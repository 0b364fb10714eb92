-- ===== src/Revisions.antt =====
-- The head revisions of a PR: qb_site/analyzer/services/revisions.py. A datetime is its
-- microseconds since 1970 in UTC. The proofs are in the modules below.
pub mod Windows
pub mod Normal
pub mod Heads
pub mod Meeting
pub mod Segments
pub mod Shown
pub mod Pushed
pub mod Contiguous
pub mod Current
pub mod Dirty
pub mod Tests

================

▶ [Your task]: Please retype the data above exactly, including every line.

▶ [Written solution]:
repository 0b364fb10714eb92
-- ===== src/Revisions.antt =====
-- The head revisions of a PR: qb_site/analyzer/services/revisions.py. A datetime is its
-- microseconds since 1970 in UTC. The proofs are in the modules below.
pub mod Windows
pub mod Normal
pub mod Heads
pub mod Meeting
pub mod Segments
pub mod Shown
pub mod Pushed
pub mod Contiguous
pub mod Current
pub mod Dirty
pub mod Tests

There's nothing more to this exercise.